[Maybe OT] - RFC compliance checking at session

Matt Kettler mkettler at evi-inc.com
Fri Feb 29 22:41:29 GMT 2008


Glenn Steen wrote:
> On 29/02/2008, Matt Kettler <mkettler at evi-inc.com> wrote:
>> Hostmaster wrote:
>>  > Hi All,
>>  >
>>  > I would like to illicit some opinions from you other MailScanner using
>>  > MX-administrators.
>>
>>
>> Pretty much all your opinions here are valid, except:
>>
>>
>>   > and the IP does not accept return SMTP – indicating that
>>  > it's probably a web server and not an MTA itself.
>>
>>
>> I find that conclusion irrational. Why wouldn't it be an MTA?
>>
>>  Anyone large enough to have separate MX (inbound) and smarthost (outbound)
>>  servers should *NOT* be accepting inbound SMTP connections to their smarthost
>>  servers from the outside world. Only their internal network should be able to
>>  SMTP to the smarthost.
>>
>>  There's no reason to allow it, so best practice would suggest you should close
>>  that off at the firewall. Any legitimate mail delivery attempts will go to the
>>  MX servers. Therefore any attempts to connect to port 25 on the SmartHost from
>>  the outside are either hackers, scans, or random pokes and prods at parts of
>>  your network nobody on the outside belongs in.
>>
>>
>>  I think it's a pretty far jump to assume that any system that generates SMTP but
>>  doesn't accept inbound from you can't be an MTA. It's quite possible it is an
>>  MTA, but you're not authorized to try to queue mail there and are firewalled out.
>>
> I'm not going to disagree (much:-) with you today/tonight Matt (not
> sober enough, and I need be very sharp when doing that:-):-), but what
> about all that stuff ... domain litterals etc... all there to
> facilitate bouncing when there is no DNS etc. Kind of implies that all
> SMTP sendersare supposed to be able to be receivers too, now don't it?
> Or maybe I'm in delirium tremens and that is just a figment of that state:-):-)

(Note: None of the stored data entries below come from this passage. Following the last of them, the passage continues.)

-- ===== src/CrossDomain/Engine.antt =====
-- src/cloudnative_threatguard/correlation/cross_domain/engine/correlation_engine.py. The random
-- identifiers of chains and clusters, which nothing reads, are left out.
pub mod Chain
pub mod Ingest
pub mod Correlate
use cloud_native_threat_guar.Prelude.{
  ℕ, suc, ◌+◌, String, Bool, true, false, not, ◌&&◌, ◌||◌, Option, none, some, List, [], ◌∷◌, ◌++◌,
  ◌==◌, is_empty, length, any, leb, min, max, if◌then◌else◌,
}
use cloud_native_threat_guar.Prelude.Dict
use cloud_native_threat_guar.Prelude.Dict.{Dict}
use cloud_native_threat_guar.Prelude.Sort.{sort_by}
use cloud_native_threat_guar.Prelude.Text.{lower, truthy, member, concat}
use cloud_native_threat_guar.CrossDomain.Event.{
  EventSource, cloudgraphguard, threatguard, EventType, admission_violation, Severity, high,
  UnifiedSecurityEvent, or_option, or_text,
}
use cloud_native_threat_guar.CrossDomain.Mapping.{
  MappingMechanism, IdentityBinding, IdentityMappingRegistry, get_all,
}

pub data Domain : Type 0 where
  cloud_iam eks_access_transition k8s_admission k8s_runtime : Domain

-- A stage is a dict; a key that a domain's stages lack is `none`.
pub record Stage : Type 0 where
  pub step : ℕ
  pub domain : Domain
  pub event_id : Option String
  pub mechanism : Option MappingMechanism
  pub action : Option String
  pub entity : Option String
  pub description : String
  pub severity : Severity

pub record CorrelatedAttackChain : Type 0 where
  pub title : String
  pub cloud_principal : Option String
  pub cloud_role : Option String
  pub kubernetes_cluster : Option String
  pub kubernetes_workload : Option String
  pub kubernetes_pod : Option String
  pub service_account : Option String
  pub stages : List Stage
  pub event_ids : List String
  pub composite_risk : ℕ
  pub is_cross_domain : Bool

pub record CorrelatedCluster : Type 0 where
  pub binding : Option IdentityBinding
  pub iam_events : List UnifiedSecurityEvent
  pub runtime_events : List UnifiedSecurityEvent
  pub admission_events : List UnifiedSecurityEvent
  pub attack_chain : Option CorrelatedAttackChain

pub record CrossDomainCorrelationEngine : Type 0 where
  pub mapping_registry : IdentityMappingRegistry
  pub events : List UnifiedSecurityEvent
  pub seen_event_ids : List String

unfoldable pub ingest_event :
    CrossDomainCorrelationEngine → UnifiedSecurityEvent → Bool × CrossDomainCorrelationEngine
ingest_event engine event =
    if member event.event_id engine.seen_event_ids then (false, engine) else (
      true,
      record engine {
        seen_event_ids = event.event_id ∷ engine.seen_event_ids;
        events = engine.events ++ event ∷ [];
      },
    )

-- The count so far is passed along.
ingest_loop :
    ℕ → CrossDomainCorrelationEngine → List UnifiedSecurityEvent → ℕ × CrossDomainCorrelationEngine
ingest_loop count engine [] = (count, engine)
ingest_loop count engine (e ∷ events) =
    let (added, engine') = ingest_event engine e in
    ingest_loop (if added then suc count else count) engine' events

unfoldable pub ingest_events :
    CrossDomainCorrelationEngine → List UnifiedSecurityEvent → ℕ × CrossDomainCorrelationEngine
unfolding ingest_event ingest_loop
ingest_events engine events = ingest_loop 0 engine events

-- `index.setdefault(key, []).append(ev)`
unfoldable pub append_at :
    Dict (List UnifiedSecurityEvent)
    → String
    → UnifiedSecurityEvent
    → Dict (List UnifiedSecurityEvent)
unfolding Dict.get Dict.put
append_at index key ev = elim (Dict.get index key) [
  | none ↦ Dict.put index key (ev ∷ [])
  | some es ↦ Dict.put index key (es ++ ev ∷ [])
]

-- `index.get(key, [])`
abbrev pub events_at : Dict (List UnifiedSecurityEvent) → String → List UnifiedSecurityEvent
events_at index key = elim (Dict.get index key) [ none ↦ [] | some es ↦ es ]

pub record Index : Type 0 where
  pub iam_by_role : Dict (List UnifiedSecurityEvent)
  pub runtime_by_workload : Dict (List UnifiedSecurityEvent)
  pub admission_by_workload : Dict (List UnifiedSecurityEvent)

abbrev pub no_events : Index
no_events = record { iam_by_role = []; runtime_by_workload = []; admission_by_workload = [] }

abbrev pub role_key : UnifiedSecurityEvent → String
role_key ev =
    lower (or_text (or_option ev.role_arn (or_option ev.principal_arn ev.principal_id)) "")

abbrev pub workload_key : UnifiedSecurityEvent → String
workload_key ev = lower (or_text (or_option ev.workload ev.pod) "")

abbrev pub is_admission : EventType → Bool
is_admission admission_violation = true
is_admission _ = false

file_event : Index → UnifiedSecurityEvent → EventSource → Index
file_event index ev cloudgraphguard = record index {
  iam_by_role = append_at index.iam_by_role (role_key ev) ev;
}
file_event index ev threatguard =
    if is_admission ev.event_type
    then record index {
      admission_by_workload = append_at index.admission_by_workload (workload_key ev) ev;
    }
    else record index {
      runtime_by_workload = append_at index.runtime_by_workload (workload_key ev) ev;
    }

unfoldable pub index_events : Index → List UnifiedSecurityEvent → Index
unfolding append_at file_event
index_events index [] = index
index_events index (ev ∷ events) = index_events (file_event index ev ev.source) events

-- `(binding.workload or "").lower()`
abbrev pub binding_key : IdentityBinding → String
binding_key b = lower (or_text b.workload "")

Follow up again later.. I can't make much sense of what you're saying right now.

Domain literals exist to handle sending messages when DNS is down. But I don't 
see anywhere that suggests using them for bounces.

As best I can tell it's a flagrant violation of many RFCs to send a bounce (or 
any other DSN) to anything other than the return path.

Trying to create a domain literal using the IP address of the host that 
delivered the email strikes me as absurdly broken. If nothing else, doing this 
would require that all SMTP clients also be mailservers... Ouch!

Relevant RFC's describing that delivery failure notifications be sent to the 
reverse path in the MAIL FROM: command:

RFC 821 section 3.6 (MUST)
RFC 2821 section 3.7 (MUST)
RFC 1123 section 5.3.3 (specifies SHOULD be the envelope return, not must)
RFC 3461 section 6.1 (simply described as fact, with no MUST or SHOULD.)